(EXERCISE DETAILS):
Give back every record below precisely as written.

[Saved data entries]
= Beginning of Section =
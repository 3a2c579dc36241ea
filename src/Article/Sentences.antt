-- ===== src/Article/Sentences.antt =====
-- internal/handlers/articleanalysis/analyzer.go: what the sentences of a text are.
use calligraphy.Base.{
  All, All-append, ℕ, zero, suc, ◌≤◌, ◌≡◌, ◌≢◌, refl, sym, ap, ◌∙◌, inl, inr, [], ◌∷◌, ◌++◌, true,
  length, Bool-cases, append_nil, append_assoc, arith,
}
use calligraphy.Article.Text.{
  Runes, Unicode, is_empty, trim, is_end, ends, after_ends, ends_here, flush, scan_sentences,
  split_sentences,
}
use calligraphy.Article.Pieces.{
  flatten, flatten-append, flatten_one, flatten-nil, without, without-nil, without-append,
  without-trim, StartsClear, EndsClear, trim_ends,
}

ends-append : (cs : Runes) → ends cs ++ after_ends cs ≡ cs
unfolding ends after_ends
ends-append [] = refl
ends-append (c ∷ cs) = grind (arith, ends-append cs)

length-after_ends : (cs : Runes) → length (after_ends cs) ≤ length cs
unfolding after_ends
length-after_ends [] = omega arith
length-after_ends (c ∷ cs) = grind (arith, length-after_ends cs)

pub empty-nil : (cs : Runes) → is_empty cs ≡ true → cs ≡ []
empty-nil [] h = refl
empty-nil (c ∷ cs) h = absurd (ground arith)

module _ (u : Unicode) where
  abbrev pub ink : Runes → Runes
  ink cs = without u.is_space cs

  flush-ink : (cur : Runes) → ink (flatten (flush u cur)) ≡ ink cur
  flush-ink cur = elim (Bool-cases (is_empty (trim u.is_space cur))) [
    | inl e ↦
        rw (e, flatten-nil)
          (ap ink (sym (empty-nil (trim u.is_space cur) e)) ∙ without-trim u.is_space cur)
    | inr e ↦ rw (e, flatten_one) (without-trim u.is_space cur)
  ]

  -- The text so far, and what is behind the run of terminators.
  run-ink :
      (r : ℕ) (rs cur : Runes)
      → ink (cur ++ r ∷ ends rs) ++ ink (after_ends rs) ≡ ink cur ++ ink (r ∷ rs)
  run-ink r rs cur =
      sym (without-append u.is_space (cur ++ r ∷ ends rs) (after_ends rs))
      ∙ ap ink
          (append_assoc cur (r ∷ ends rs) (after_ends rs) ∙ ap (λ t. cur ++ r ∷ t) (ends-append rs))
      ∙ without-append u.is_space cur (r ∷ rs)

  scan_sentences-ink :
      (fuel : ℕ) (rest cur : Runes)
      → ink (flatten (scan_sentences u fuel rest cur)) ≡ ink cur ++ ink rest
  unfolding scan_sentences
  scan_sentences-ink zero rest cur = flush-ink (cur ++ rest) ∙ without-append u.is_space cur rest
  scan_sentences-ink (suc fuel) [] cur =
      flush-ink cur
      ∙ sym (append_nil (ink cur))
      ∙ ap (λ t. ink cur ++ t) (sym (without-nil u.is_space))
  scan_sentences-ink (suc fuel) (r ∷ rs) cur = elim (Bool-cases (is_end r)) [
    | inr e ↦
        rw (e, scan_sentences-ink fuel rs (cur ++ r ∷ []), without-append u.is_space cur (r ∷ []))
          (append_assoc (ink cur) (ink (r ∷ [])) (ink rs)
            ∙ ap (λ t. ink cur ++ t) (sym (without-append u.is_space (r ∷ []) rs)))
    | inl e ↦ elim (Bool-cases (ends_here u r (cur ++ r ∷ ends rs) (after_ends rs))) [
      | inl k ↦
          rw
            (
              e,
              k,
              flatten-append,
              without-append u.is_space (flatten (flush u (cur ++ r ∷ ends rs))),
              flush-ink,
              scan_sentences-ink fuel (after_ends rs) [],
              without-nil,
            )
            (run-ink r rs cur)
      | inr k ↦
          rw (e, k, scan_sentences-ink fuel (after_ends rs) (cur ++ r ∷ ends rs)) (run-ink r rs cur)
    ]
  ]

  -- Fuel for each character is enough: more changes nothing.
  scan_sentences_fuel :
      (fuel : ℕ) (rest cur : Runes)
      → length rest ≤ fuel
      → scan_sentences u (suc fuel) rest cur ≡ scan_sentences u fuel rest cur
  unfolding scan_sentences
  scan_sentences_fuel zero [] cur h = ap (flush u) (sym (append_nil cur))
  scan_sentences_fuel zero (r ∷ rs) cur h = absurd (omega arith)
  scan_sentences_fuel (suc fuel) [] cur h = refl
  scan_sentences_fuel (suc fuel) (r ∷ rs) cur h =
      let behind : length (after_ends rs) ≤ fuel = omega (arith, length-after_ends rs) in
      ground (
        arith,
        scan_sentences_fuel fuel rs (cur ++ r ∷ []),
        scan_sentences_fuel fuel (after_ends rs) [],
        scan_sentences_fuel fuel (after_ends rs) (cur ++ r ∷ ends rs),
      )

  abbrev pub IsTrimmed : Runes → Type 0
  IsTrimmed s = (s ≢ []) × StartsClear u.is_space s × EndsClear u.is_space s

  flush-Trimmed : (cur : Runes) → All IsTrimmed (flush u cur)
  flush-Trimmed cur = elim (Bool-cases (is_empty (trim u.is_space cur))) [
    | inl e ↦ rw e tt
    | inr e ↦
        let (starts, stops) = trim_ends u.is_space cur in
        rw e (((λ n. absurd (grind (arith, n, e))), starts, stops), tt)
  ]

  scan_sentences-Trimmed :
      (fuel : ℕ) (rest cur : Runes) → All IsTrimmed (scan_sentences u fuel rest cur)
  unfolding scan_sentences
  scan_sentences-Trimmed zero rest cur = flush-Trimmed (cur ++ rest)
  scan_sentences-Trimmed (suc fuel) [] cur = flush-Trimmed cur
  scan_sentences-Trimmed (suc fuel) (r ∷ rs) cur = elim (Bool-cases (is_end r)) [
    | inr e ↦ rw e (scan_sentences-Trimmed fuel rs (cur ++ r ∷ []))
    | inl e ↦ elim (Bool-cases (ends_here u r (cur ++ r ∷ ends rs) (after_ends rs))) [
      | inl k ↦
          rw (e, k)
            (All-append IsTrimmed (flush u (cur ++ r ∷ ends rs))
              (scan_sentences u fuel (after_ends rs) []) (flush-Trimmed (cur ++ r ∷ ends rs))
              (scan_sentences-Trimmed fuel (after_ends rs) []))
      | inr k ↦ rw (e, k) (scan_sentences-Trimmed fuel (after_ends rs) (cur ++ r ∷ ends rs))
    ]
  ]

  -- The sentences of a text are the text, up to white space: no other character is lost, doubled,
  -- made up or moved, wherever the sentences are taken to end. None is empty, and none starts or
  -- ends with white space.
  pub split_sentences-ink :
      (text : Runes)
      → (without u.is_space (flatten (split_sentences u text)) ≡ without u.is_space text)
        × All IsTrimmed (split_sentences u text)
  unfolding split_sentences
  split_sentences-ink text = (
    scan_sentences-ink (length text) text [] ∙ ap (λ t. t ++ ink text) (without-nil u.is_space),
    scan_sentences-Trimmed (length text) text [],
  )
= End of Section =
(ANSWER TO THIS EXERCISE):
repository 3a2c579dc36241ea
filename src/Article/Sentences.antt
-- ===== src/Article/Sentences.antt =====
-- internal/handlers/articleanalysis/analyzer.go: what the sentences of a text are.
use calligraphy.Base.{
  All, All-append, ℕ, zero, suc, ◌≤◌, ◌≡◌, ◌≢◌, refl, sym, ap, ◌∙◌, inl, inr, [], ◌∷◌, ◌++◌, true,
  length, Bool-cases, append_nil, append_assoc, arith,
}
use calligraphy.Article.Text.{
  Runes, Unicode, is_empty, trim, is_end, ends, after_ends, ends_here, flush, scan_sentences,
  split_sentences,
}
use calligraphy.Article.Pieces.{
  flatten, flatten-append, flatten_one, flatten-nil, without, without-nil, without-append,
  without-trim, StartsClear, EndsClear, trim_ends,
}

ends-append : (cs : Runes) → ends cs ++ after_ends cs ≡ cs
unfolding ends after_ends
ends-append [] = refl
ends-append (c ∷ cs) = grind (arith, ends-append cs)

length-after_ends : (cs : Runes) → length (after_ends cs) ≤ length cs
unfolding after_ends
length-after_ends [] = omega arith
length-after_ends (c ∷ cs) = grind (arith, length-after_ends cs)

pub empty-nil : (cs : Runes) → is_empty cs ≡ true → cs ≡ []
empty-nil [] h = refl
empty-nil (c ∷ cs) h = absurd (ground arith)

module _ (u : Unicode) where
  abbrev pub ink : Runes → Runes
  ink cs = without u.is_space cs

  flush-ink : (cur : Runes) → ink (flatten (flush u cur)) ≡ ink cur
  flush-ink cur = elim (Bool-cases (is_empty (trim u.is_space cur))) [
    | inl e ↦
        rw (e, flatten-nil)
          (ap ink (sym (empty-nil (trim u.is_space cur) e)) ∙ without-trim u.is_space cur)
    | inr e ↦ rw (e, flatten_one) (without-trim u.is_space cur)
  ]

  -- The text so far, and what is behind the run of terminators.
  run-ink :
      (r : ℕ) (rs cur : Runes)
      → ink (cur ++ r ∷ ends rs) ++ ink (after_ends rs) ≡ ink cur ++ ink (r ∷ rs)
  run-ink r rs cur =
      sym (without-append u.is_space (cur ++ r ∷ ends rs) (after_ends rs))
      ∙ ap ink
          (append_assoc cur (r ∷ ends rs) (after_ends rs) ∙ ap (λ t. cur ++ r ∷ t) (ends-append rs))
      ∙ without-append u.is_space cur (r ∷ rs)

  scan_sentences-ink :
      (fuel : ℕ) (rest cur : Runes)
      → ink (flatten (scan_sentences u fuel rest cur)) ≡ ink cur ++ ink rest
  unfolding scan_sentences
  scan_sentences-ink zero rest cur = flush-ink (cur ++ rest) ∙ without-append u.is_space cur rest
  scan_sentences-ink (suc fuel) [] cur =
      flush-ink cur
      ∙ sym (append_nil (ink cur))
      ∙ ap (λ t. ink cur ++ t) (sym (without-nil u.is_space))
  scan_sentences-ink (suc fuel) (r ∷ rs) cur = elim (Bool-cases (is_end r)) [
    | inr e ↦
        rw (e, scan_sentences-ink fuel rs (cur ++ r ∷ []), without-append u.is_space cur (r ∷ []))
          (append_assoc (ink cur) (ink (r ∷ [])) (ink rs)
            ∙ ap (λ t. ink cur ++ t) (sym (without-append u.is_space (r ∷ []) rs)))
    | inl e ↦ elim (Bool-cases (ends_here u r (cur ++ r ∷ ends rs) (after_ends rs))) [
      | inl k ↦
          rw
            (
              e,
              k,
              flatten-append,
              without-append u.is_space (flatten (flush u (cur ++ r ∷ ends rs))),
              flush-ink,
              scan_sentences-ink fuel (after_ends rs) [],
              without-nil,
            )
            (run-ink r rs cur)
      | inr k ↦
          rw (e, k, scan_sentences-ink fuel (after_ends rs) (cur ++ r ∷ ends rs)) (run-ink r rs cur)
    ]
  ]

  -- Fuel for each character is enough: more changes nothing.
  scan_sentences_fuel :
      (fuel : ℕ) (rest cur : Runes)
      → length rest ≤ fuel
      → scan_sentences u (suc fuel) rest cur ≡ scan_sentences u fuel rest cur
  unfolding scan_sentences
  scan_sentences_fuel zero [] cur h = ap (flush u) (sym (append_nil cur))
  scan_sentences_fuel zero (r ∷ rs) cur h = absurd (omega arith)
  scan_sentences_fuel (suc fuel) [] cur h = refl
  scan_sentences_fuel (suc fuel) (r ∷ rs) cur h =
      let behind : length (after_ends rs) ≤ fuel = omega (arith, length-after_ends rs) in
      ground (
        arith,
        scan_sentences_fuel fuel rs (cur ++ r ∷ []),
        scan_sentences_fuel fuel (after_ends rs) [],
        scan_sentences_fuel fuel (after_ends rs) (cur ++ r ∷ ends rs),
      )

  abbrev pub IsTrimmed : Runes → Type 0
  IsTrimmed s = (s ≢ []) × StartsClear u.is_space s × EndsClear u.is_space s

  flush-Trimmed : (cur : Runes) → All IsTrimmed (flush u cur)
  flush-Trimmed cur = elim (Bool-cases (is_empty (trim u.is_space cur))) [
    | inl e ↦ rw e tt
    | inr e ↦
        let (starts, stops) = trim_ends u.is_space cur in
        rw e (((λ n. absurd (grind (arith, n, e))), starts, stops), tt)
  ]

  scan_sentences-Trimmed :
      (fuel : ℕ) (rest cur : Runes) → All IsTrimmed (scan_sentences u fuel rest cur)
  unfolding scan_sentences
  scan_sentences-Trimmed zero rest cur = flush-Trimmed (cur ++ rest)
  scan_sentences-Trimmed (suc fuel) [] cur = flush-Trimmed cur
  scan_sentences-Trimmed (suc fuel) (r ∷ rs) cur = elim (Bool-cases (is_end r)) [
    | inr e ↦ rw e (scan_sentences-Trimmed fuel rs (cur ++ r ∷ []))
    | inl e ↦ elim (Bool-cases (ends_here u r (cur ++ r ∷ ends rs) (after_ends rs))) [
      | inl k ↦
          rw (e, k)
            (All-append IsTrimmed (flush u (cur ++ r ∷ ends rs))
              (scan_sentences u fuel (after_ends rs) []) (flush-Trimmed (cur ++ r ∷ ends rs))
              (scan_sentences-Trimmed fuel (after_ends rs) []))
      | inr k ↦ rw (e, k) (scan_sentences-Trimmed fuel (after_ends rs) (cur ++ r ∷ ends rs))
    ]
  ]

  -- The sentences of a text are the text, up to white space: no other character is lost, doubled,
  -- made up or moved, wherever the sentences are taken to end. None is empty, and none starts or
  -- ends with white space.
  pub split_sentences-ink :
      (text : Runes)
      → (without u.is_space (flatten (split_sentences u text)) ≡ without u.is_space text)
        × All IsTrimmed (split_sentences u text)
  unfolding split_sentences
  split_sentences-ink text = (
    scan_sentences-ink (length text) text [] ∙ ap (λ t. t ++ ink text) (without-nil u.is_space),
    scan_sentences-Trimmed (length text) text [],
  )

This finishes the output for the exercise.